In a final section in this edition, we further examine approaches to digital phenotyping through large-scale data collection that can advance our understanding of Psychiatric Syndromes. Lisa Marsch and colleagues at Dartmouth address the topic of how science informs the development, evaluation, and sustainable implementation of technology-based tools (that leverage web, mobile sensing, and/or social media approaches) for behavior change, targeting a wide array of populations and health behaviors [14]. Kathleen Merikangas and colleagues at the National Institute for Mental Health dive deeper into these approaches, in particular as they relate to Bipolar Disorder, in their use of real-time mobile monitoring and sensing devices [15]. And finally, Laura Germine and colleagues, at McLean Hospital and Harvard Medical School, review profoundly exciting work in taking behavioral and cognitive testing “to the world” through web-based, large-scale data collection in their review on population-based macroscale data collection for behavioral research [16].

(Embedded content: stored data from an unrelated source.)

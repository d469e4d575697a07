-- ===== src/Avro/SchemaCache.antt =====
-- The schema cache of spark/utils/avro_deserializer.py.
use payments_cdc_pipeline.Prelude.{
  ℕ, String, ◌∷◌, none, some, ◌==◌, ==_iff, Bool-cases, Option-cases, ◌≡◌, refl, sym, ap, ◌∙◌, inl,
  inr,
}
use mathlib.Core.Path.{subst}
use payments_cdc_pipeline.Errors.{Result, ok, err}
use payments_cdc_pipeline.Avro.{Cache, lookup, store, schema_by_id}

-- The cache holds nothing but what the registry has under each id.
abbrev pub IsCoherent : (ℕ → Result String) → Cache → Type 0
IsCoherent registry cache = (i : ℕ) (s : String) → lookup i cache ≡ some s → registry i ≡ ok s

cached :
    (registry : ℕ → Result String) (sid : ℕ) (cache : Cache) (s : String)
    → lookup sid cache ≡ some s
    → schema_by_id registry sid cache ≡ (ok s, cache)
unfolding schema_by_id
cached registry sid cache s e = rw (schema_by_id, e) refl

uncached :
    (registry : ℕ → Result String) (sid : ℕ) (cache : Cache)
    → lookup sid cache ≡ none
    → schema_by_id registry sid cache ≡ store sid (registry sid) cache
unfolding schema_by_id
uncached registry sid cache e = rw (schema_by_id, e) refl

lookup-stored : (sid : ℕ) (s : String) (cache : Cache) → lookup sid ((sid, s) ∷ cache) ≡ some s
lookup-stored sid s cache = rw ((==_iff sid sid).1 refl) refl

stored-IsCoherent :
    (registry : ℕ → Result String) (sid : ℕ) (s : String) (cache : Cache)
    → registry sid ≡ ok s
    → IsCoherent registry cache
    → IsCoherent registry ((sid, s) ∷ cache)
stored-IsCoherent registry sid s cache r h i t e = elim (Bool-cases (sid == i)) [
  | inl p ↦
      let q : sid ≡ i = (==_iff sid i).0 p in
      let u : s ≡ t = some_inj (rw p at e) in sym (ap registry q) ∙ r ∙ ap ok u
  | inr n ↦ h i t (rw n at e)
]
  where
    some_inj : {a b : String} → some a ≡ some b → a ≡ b
    some_inj e = cc

-- What a call has found and left in the cache.
abbrev Answered : (ℕ → Result String) → (ℕ → Result String) → ℕ → Result String × Cache → Type 0
Answered registry later sid p =
    (p.0 ≡ registry sid)
    × IsCoherent registry p.1
    × ((s : String) → registry sid ≡ ok s → schema_by_id later sid p.1 ≡ (ok s, p.1))

store-Answered :
    (registry later : ℕ → Result String) (sid : ℕ) (cache : Cache) (r : Result String)
    → registry sid ≡ r
    → IsCoherent registry cache
    → Answered registry later sid (store sid r cache)
store-Answered registry later sid cache (ok s) r h = (
  sym r,
  stored-IsCoherent registry sid s cache r h,
  λ t e.
      let u : s ≡ t = ok_inj (sym r ∙ e) in
      cached later sid ((sid, s) ∷ cache) t (lookup-stored sid s cache ∙ ap some u),
)
  where
    ok_inj : {a b : String} → ok a ≡ ok b → a ≡ b
    ok_inj e = cc
store-Answered registry later sid cache (err x) r h = (sym r, h, λ t e. absurd (clash (sym r ∙ e)))
  where
    clash : {t : String} → err x ≡ ok t → ⊥
    clash e = cc

-- Over a coherent cache `schema_by_id` gives what the registry has, or its exception, and leaves the
-- cache coherent; an id that was answered is then in the cache, where it is found even if the registry
-- has become unreachable.
pub schema_by_id-IsCoherent :
    (registry : ℕ → Result String) (later : ℕ → Result String) (sid : ℕ) (cache : Cache)
    → IsCoherent registry cache
    → ((schema_by_id registry sid cache).0 ≡ registry sid)
      × IsCoherent registry (schema_by_id registry sid cache).1
      × ((s : String)
          → registry sid ≡ ok s
          → schema_by_id later sid (schema_by_id registry sid cache).1
            ≡ (ok s, (schema_by_id registry sid cache).1))
schema_by_id-IsCoherent registry later sid cache h = elim (Option-cases (lookup sid cache)) [
  | inr (s, e) ↦ subst (Answered registry later sid) (sym (cached registry sid cache s e)) (
    sym (h sid s e),
    h,
    λ t r. cached later sid cache t (e ∙ ap some (ok_inj (sym (h sid s e) ∙ r))),
  )
  | inl e ↦
      subst (Answered registry later sid) (sym (uncached registry sid cache e))
        (store-Answered registry later sid cache (registry sid) refl h)
]
  where
    ok_inj : {a b : String} → ok a ≡ ok b → a ≡ b
    ok_inj e = cc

Together, we are confident that the 2021 Neuropsychopharmacology Reviews edition on Big Data in Psychiatry will provide an exciting update and discussion on how large-scale data approaches, spanning data collection, genetics, neuroimaging, and modeling, will transform the future of Neuroscience and Psychiatry.

Funding and disclosures

KJR is supported by NIH R21MH112956, P50MH115874, R01MH094757, and R01MH106595, and the Frazier Foundation Grant for Mood and Anxiety Research. KJR has received consulting income from Alkermes, research support from NIH, Genomind and Brainsway, and he is on scientific advisory boards for Janssen and Verily, all of which is unrelated to the present work.